Past the Bottom?

Over the past month, all states have gradually started to relax lockdown policies, aiming to return to normal economic activity while keeping people safe. Against this backdrop, incoming economic data has shown mild improvement relative to the massive declines seen in March and April. The May employment report was a welcome surprise but should be read with caution.

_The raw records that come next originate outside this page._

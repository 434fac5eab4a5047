-- ===== src/Daemon/Output/Protocol.antt =====
-- crates/led-daemon-bin/src/output.rs: `OutputProtocol`. Texts are their bytes.
use led_platform.Prelude.{
  Bool, List, Option, [], false, if◌then◌else◌, is_some, leb, map, none, some, true, ℕ, ◌&&◌, ◌+◌,
  ◌||◌, ◌∷◌,
}
use led_platform.Hardware.Profile.{Protocol}
use led_platform.Protocols.Sacn.{bytes_equal}

pub data OutputProtocol : Type 0 where
  ddp art_net sacn : OutputProtocol

unfoldable pub faixa_de_universos : OutputProtocol → Option (ℕ × ℕ)
faixa_de_universos OutputProtocol.ddp = none
faixa_de_universos OutputProtocol.art_net = some (0, 32767)
faixa_de_universos OutputProtocol.sacn = some (1, 63999)

unfoldable pub usa_universos : OutputProtocol → Bool
unfolding faixa_de_universos
usa_universos p = is_some (faixa_de_universos p)

-- `ALL`.
abbrev pub all_protocols : List OutputProtocol
all_protocols = OutputProtocol.ddp ∷ OutputProtocol.art_net ∷ OutputProtocol.sacn ∷ []

unfoldable pub name_of : OutputProtocol → List ℕ
name_of OutputProtocol.ddp = b'd' ∷ b'd' ∷ b'p' ∷ []
name_of OutputProtocol.art_net = b'a' ∷ b'r' ∷ b't' ∷ b'n' ∷ b'e' ∷ b't' ∷ []
name_of OutputProtocol.sacn = b's' ∷ b'a' ∷ b'c' ∷ b'n' ∷ []

unfoldable pub default_port : OutputProtocol → ℕ
default_port OutputProtocol.ddp = 4048
default_port OutputProtocol.art_net = 6454
default_port OutputProtocol.sacn = 5568

unfoldable pub from_protocol : Protocol → OutputProtocol
from_protocol Protocol.ddp = OutputProtocol.ddp
from_protocol Protocol.art_net = OutputProtocol.art_net
from_protocol Protocol.sacn = OutputProtocol.sacn

unfoldable pub to_protocol : OutputProtocol → Protocol
to_protocol OutputProtocol.ddp = Protocol.ddp
to_protocol OutputProtocol.art_net = Protocol.art_net
to_protocol OutputProtocol.sacn = Protocol.sacn

-- `u8::to_ascii_lowercase`.
abbrev pub lowercase : ℕ → ℕ
lowercase c = if leb b'A' c && leb c b'Z' then c + 32 else c

abbrev pub art_dash_net : List ℕ
art_dash_net = b'a' ∷ b'r' ∷ b't' ∷ b'-' ∷ b'n' ∷ b'e' ∷ b't' ∷ []

abbrev pub e131 : List ℕ
e131 = b'e' ∷ b'1' ∷ b'3' ∷ b'1' ∷ []

unfoldable pub parse_protocol : List ℕ → Option OutputProtocol
unfolding name_of
parse_protocol text =
    let s = map lowercase text in
    if bytes_equal s (name_of OutputProtocol.ddp)
    then some OutputProtocol.ddp
    else if bytes_equal s (name_of OutputProtocol.art_net) || bytes_equal s art_dash_net
    then some OutputProtocol.art_net
    else if bytes_equal s (name_of OutputProtocol.sacn) || bytes_equal s e131
    then some OutputProtocol.sacn
    else none

-- The derived equality.
unfoldable pub same_output : OutputProtocol → OutputProtocol → Bool
same_output OutputProtocol.ddp OutputProtocol.ddp = true
same_output OutputProtocol.art_net OutputProtocol.art_net = true
same_output OutputProtocol.sacn OutputProtocol.sacn = true
same_output _ _ = false
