-- ===== src/Scheduler/Reconcile/Halt.antt =====
-- persys-scheduler/internal/scheduler/reconciler.go: a workload whose failure is final.
use persys_cloud.Prelude.{
  ℕ, String, ◌≡◌, refl, ap, Bool, true, false, ◌&&◌, ◌||◌, none, some, ok, lookup-put,
  lookup-delete, inl, inr, ◌==◌, eq_iff, Bool-cases, Option-cases, ◌≢◌, arith,
}
use persys_cloud.Text.{trim_space, to_lower, equal_fold}
use persys_cloud.Scheduler.Models.{Workload}
use persys_cloud.Scheduler.Services.{Formats, Floats, Services, Scheduler, ◌>>=◌}
use persys_cloud.Scheduler.Retry.{metadata_string, delete_keys, clear_reapply_metadata}
use persys_cloud.Scheduler.Agent.{Agents, Config}
use persys_cloud.Scheduler.Agent.Ports.{Platform}
use persys_cloud.Scheduler.Reconcile.{
  desired_of, is_down, is_metadata_true, has_terminal_code, retries_spent, should_halt_reapply,
}
use persys_cloud.Scheduler.Reconcile.Apply.{
  attempt_of, halted, already_halted, perform_reconciliation,
}

failed_folds : equal_fold "Failed" "Failed" ≡ true
unfolding equal_fold
failed_folds = refl

running_folds : equal_fold "Running" "Running" ≡ true
unfolding equal_fold
running_folds = refl

running-not_deleted : (s : String) → equal_fold s "Running" ≡ true → equal_fold s "Deleted" ≡ false
unfolding equal_fold
running-not_deleted s h = rw ((eq_iff (to_lower s) (to_lower "Running")).0 h) refl

module _ {F : Type 0} where
  -- The workload's own grounds for a halt.
  unfoldable pub has_grounds : Workload F → String → Bool
  has_grounds w actual =
      is_metadata_true w.metadata "retry_terminal"
      || has_terminal_code (metadata_string w.metadata "failure_reason")
      || retries_spent w actual

  unfoldable pub halts : Workload F → String → Bool
  halts w actual =
      equal_fold (trim_space w.desired_state) "Running" && is_down actual && has_grounds w actual

  retry_terminal-halted :
      (now : ℕ) (reason : String) (w : Workload F)
      → is_metadata_true (halted now reason w).metadata "retry_terminal"
        ≡ is_metadata_true w.metadata "retry_terminal"
  unfolding is_metadata_true halted clear_reapply_metadata delete_keys
  retry_terminal-halted now reason w = simp (lookup-delete, lookup-put)

  failure_reason-halted :
      (now : ℕ) (reason : String) (w : Workload F)
      → metadata_string (halted now reason w).metadata "failure_reason"
        ≡ metadata_string w.metadata "failure_reason"
  unfolding metadata_string halted clear_reapply_metadata delete_keys
  failure_reason-halted now reason w = simp (lookup-delete, lookup-put)

  last_action-halted :
      (now : ℕ) (reason : String) (w : Workload F)
      → metadata_string (halted now reason w).metadata "last_action"
        ≡ some "TerminalFailureNoReapply"
  unfolding metadata_string halted clear_reapply_metadata delete_keys
  last_action-halted now reason w = simp (lookup-delete, lookup-put)

  already_halted-halted :
      (now : ℕ) (reason : String) (w : Workload F) → already_halted (halted now reason w) ≡ true
  unfolding already_halted trim_space equal_fold
  already_halted-halted now reason w = rw (last_action-halted now reason w) refl

  retries_spent-halted :
      (now : ℕ) (reason : String) (w : Workload F) (actual : String)
      → retries_spent w actual ≡ true
      → retries_spent (halted now reason w) actual ≡ true
  unfolding retries_spent halted clear_reapply_metadata
  retries_spent-halted now reason w actual h = ground (arith, failed_folds)

  desired_state-halted :
      (now : ℕ) (reason : String) (w : Workload F)
      → (halted now reason w).desired_state ≡ w.desired_state
  unfolding halted clear_reapply_metadata
  desired_state-halted now reason w = refl

  halts-halted :
      (now : ℕ) (reason : String) (w : Workload F) (actual : String)
      → halts w actual ≡ true
      → halts (halted now reason w) actual ≡ true
  unfolding halts has_grounds
  halts-halted now reason w actual h = ground (
    arith,
    ap (λ d. equal_fold (trim_space d) "Running") (desired_state-halted now reason w),
    retry_terminal-halted now reason w,
    failure_reason-halted now reason w,
    retries_spent-halted now reason w actual,
  )

  wants_running :
      (w : Workload F) (actual : String)
      → halts w actual ≡ true
      → (equal_fold (desired_of w) "Deleted" ≡ false)
        × (equal_fold (desired_of w) "Running" && is_down actual ≡ true)
  unfolding halts desired_of
  wants_running w actual h = elim (Bool-cases (trim_space w.desired_state == "")) [
    | inl e ↦ rw e (running-not_deleted "Running" running_folds, ground (arith, running_folds))
    | inr e ↦ rw e (running-not_deleted (trim_space w.desired_state) (ground arith), ground arith)
  ]

module _ {F : Type 0} ⦃T : Formats⦄ where
  should_halt_reapply-halts :
      (w : Workload F) (actual reason : String)
      → should_halt_reapply w actual ≡ some reason
      → halts w actual ≡ true
  unfolding should_halt_reapply halts has_grounds
  should_halt_reapply-halts w actual reason h = ground arith

  not-silent :
      (w : Workload F) (actual : String)
      → halts w actual ≡ true
      → should_halt_reapply w actual ≢ none
  unfolding should_halt_reapply halts has_grounds
  not-silent w actual h e = ground arith

  halts-should_halt_reapply :
      (w : Workload F) (actual : String)
      → halts w actual ≡ true
      → (reason : String) × (should_halt_reapply w actual ≡ some reason)
  halts-should_halt_reapply w actual h = elim (Option-cases (should_halt_reapply w actual)) [
    | inl e ↦ absurd (not-silent w actual h e)
    | inr (reason, e) ↦ (reason, e)
  ]

module _ {W F : Type 0} ⦃T : Formats⦄ ⦃N : Floats F⦄ ⦃P : Platform⦄ ⦃C : Config⦄ ⦃V : Services W F⦄
    ⦃A : Agents W F⦄ where
  -- A workload as performReconciliation leaves it when it halts for a final failure is not halted anew: for
  -- the same actual state performReconciliation answers NoAction, sends the agent nothing, writes nothing
  -- and does not even read the clock.
  pub perform_reconciliation-halted :
      (w : Workload F) (actual reason : String) (now : ℕ) (s : Scheduler W F)
      → should_halt_reapply w actual ≡ some reason
      → perform_reconciliation (halted now reason w) actual s
        ≡ (ok (record { action = "NoAction"; failure = none }), s)
  unfolding perform_reconciliation ◌>>=◌ attempt_of
  perform_reconciliation-halted w actual reason now s e =
      let h = halts-halted now reason w actual (should_halt_reapply-halts w actual reason e) in
      let (alive, down) = wants_running (halted now reason w) actual h in
      let (again, halted_again) = halts-should_halt_reapply (halted now reason w) actual h in
      rw (alive, down, halted_again, already_halted-halted now reason w) refl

The near-term outlook remains dismal. A slew of economic readings for April have revealed significant damage to the economy from COVID-19-related lockdowns. Real gross domestic product (GDP) is likely to contract at a rate not seen in the post-war era. Recovery should begin in the third quarter, but we do not expect the economy to recover all of the output lost until well into 2022. A renewed wave of infections (amid the recent discontent) that brings the economy to a standstill again remains a key downside risk.

Key Economic Indicators

USEO - June 2020 - Chart 1

Influences on the Forecast

  • The unemployment rate unexpectedly dropped to 13.3% and total nonfarm payrolls rose by 2.5 million in May. While the lower unemployment rate was a welcome surprise, the employment situation remains difficult. Initial jobless claims are declining but remain elevated; nearly 43 million people have filed for regular unemployment insurance since the crisis took hold, and more than 6 million have filed for Pandemic Unemployment Assistance (for jobs not normally eligible for unemployment benefits). We expect the unemployment rate to continue to recover, but to hover in double digits for the most of the year and stay well above pre-crisis levels even in 2021.
  • Real GDP for the first quarter was revised by two-tenths, to -5.0% on an annualized basis, as inventories proved to be a bigger drag than initially reported. Incomes have surged, thanks to government support payments, but much of it has been saved rather than spent. The U.S. saving rate rose to a record level in April. We expect real GDP to drop at an annualized pace of about 40% in the second quarter, and then follow a recovery that will be graded by curves.
  • As expected, the Federal Open Market Committee, at its June 9-10 meeting, made no major policy announcements and decided to keep its foot on the gas as inflation and employment objectives remain far from desired levels. The Federal Reserve didn’t expand any of its current programs, but Chair Jerome Powell faced some questions about the Fed’s range of facilities to support financial markets. Recently, the Fed expanded its $500 billion Municipal Liquidity Facility to a wider range of local governments, cash-strapped airports and public transit agencies.